# Painting back of my tank. Having a little problem!



## masonv (Mar 27, 2011)

From ready other post ppl said that you use latex satin or gloss.  I bought Exterior satin. I am applying it with the grey foam brushes.
I have put 2 coats on so far and every time after it dries really good I am getting fairly good sized dry cracks which allows me to see light through those cracks. When I put the second coat on I could not see any light through the paint. I woke up this morning and there were dry cracks all over the place.
I'm wondering if this is normal, or should I have bought interior paint instead.
On the can it says recommended for aluminum & wood siding, doors & trim.
It also says it is ACCENT BASE.
Any help would be nice, I don't want to have to try 10 coats on to have this work, I would just buy something different!


----------



## trashburner (Feb 28, 2012)

Same thing happened to me I ended up using rustoleum spray paint turned out great! I put about 4 coats on or until the can was empty, I have a 75 gallon.


----------



## treym563 (Apr 23, 2011)

I just painted the back of my tank and it turned out flawless. I used a foam roller and just some semi-gloss latex-based paint like you would use on the walls in your house. Make sure to wipe the tank down first, I used vinegar, and put the first coat on light. Putting the first coat on light gives future coats a little more to grab on to as well as makes sure you dont get run marks down the back of your tank. I ended up doing 5 coats giving each coat a few hours to completely dry. Latex based paint scraps off fairly easily (from what I'm told) so if you want to change it up in the future you are able to do that.

I'm assuming you can just paint over the top of what you've done so far. Rollers give a perfectly smooth finish and I couldn't be happier with how mine turned out.


----------



## JohanniMan (Oct 6, 2011)

if your going to use anything but spray paint it will take many many coats. I tried waters based flat black and gave up after about 6 coats, went out and bought spray paint and did all my tanks after..


----------



## vann59 (Jun 20, 2011)

I've found that black covers better than blue.
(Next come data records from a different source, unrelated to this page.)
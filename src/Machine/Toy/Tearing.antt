-- ===== src/Machine/Toy/Tearing.antt =====
-- A system that satisfies the laws, and whose `mremap` with a fixed destination unmaps that destination and then fails.
use vec.Base.{ℕ}
use vec.Machine.{Mem, Sys, RemapFlags, may_move, fixed, fixed_dont_unmap, map_failed}
use vec.Machine.Effect.{IsSys}
use vec.Machine.Toy.{toy, give_back}
use vec.Machine.Toy.Laws.{toy_laws}
use vec.Machine.Toy.Places.{give_back-Fresh}

abbrev torn_mremap : ℕ → ℕ → ℕ → RemapFlags → Mem → ℕ × Mem
torn_mremap p n k may_move m = toy.mremap p n k may_move m
torn_mremap p n k (fixed d) m = (map_failed, give_back d k m)
torn_mremap p n k (fixed_dont_unmap d) m = (map_failed, give_back d k m)

abbrev pub tearing : Sys
tearing = record toy { mremap = torn_mremap }

torn_mremap_ok :
    (p n k : ℕ) (f : RemapFlags) (m : Mem) → toy.Ok m → toy.Ok (torn_mremap p n k f m).1
torn_mremap_ok p n k may_move m ok = toy_laws.mremap_ok p n k may_move m ok
torn_mremap_ok p n k (fixed d) m ok = give_back-Fresh d k m ok
torn_mremap_ok p n k (fixed_dont_unmap d) m ok = give_back-Fresh d k m ok

tearing_laws : IsSys tearing
unfolding toy_laws
tearing_laws = record {
  page_bits = toy_laws.page_bits;
  page_is = toy_laws.page_is;
  page_least = toy_laws.page_least;
  page_most = toy_laws.page_most;
  store_ok = toy_laws.store_ok;
  alloc_ok = toy_laws.alloc_ok;
  alloc_lem = toy_laws.alloc_lem;
  alloc_zeroed_ok = toy_laws.alloc_zeroed_ok;
  alloc_zeroed_lem = toy_laws.alloc_zeroed_lem;
  dealloc_ok = toy_laws.dealloc_ok;
  dealloc_lem = toy_laws.dealloc_lem;
  realloc_ok = toy_laws.realloc_ok;
  realloc_lem = toy_laws.realloc_lem;
  mmap_ok = toy_laws.mmap_ok;
  mmap_lem = toy_laws.mmap_lem;
  munmap_ok = toy_laws.munmap_ok;
  munmap_lem = toy_laws.munmap_lem;
  madvise_ok = toy_laws.madvise_ok;
  madvise_huge_lem = toy_laws.madvise_huge_lem;
  madvise_free_lem = toy_laws.madvise_free_lem;
  mremap_ok = torn_mremap_ok;
  mremap_lem = toy_laws.mremap_lem;
  mremap_fixed_lem = λ p n d m ok hp hd hn held dst apart e. cc;
  mremap_dont_unmap_lem = λ p n d m ok hp hd hn held dst apart e. cc;
}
And if you're using spray wind can make it really a pain. Also, using cheap masking tape is just not worth it, get the good stuff.


----------



## nodima (Oct 3, 2002)

I had the most success after I listened to a pro - use a roller, put the paint on thick, and resist the urge to make it perfect. Let the paint lie. From the inside of the tank it looks smooth, even if the outside looks horrific. Brushes tend to pull up the paint from the glass.

Even those small cracks will become almost invisible once the tank is full of water - assuming you don't have lights directly behind the tank.


----------



## Hock (Mar 23, 2012)

Yeah, I just got two cans of flat black spray paint and put on about 4-5 coats and called it a day.


----------



## theoryguru (Oct 11, 2011)

I've always used Krylon flat black with great results, like Hock mentioned a few coats does the job


----------



## AulonoKarl (Mar 9, 2012)

JohanniMan said:


> if your going to use anything but spray paint it will take many many coats. I tried waters based flat black and gave up after about 6 coats, went out and bought spray paint and did all my tanks after..


2 coats of rustoleum with a foam roller and foam brushes for the edges got the job done for me. I planned on three coats, because that's what I've read is typical, but mine was perfect after two. Rustoleum sticks very well. The only reason I can think of to NOT use rustoleum would be if you think you might want to remove it one day. I'm sure it can be done with determination. Latex would probably be the easiest to remove though.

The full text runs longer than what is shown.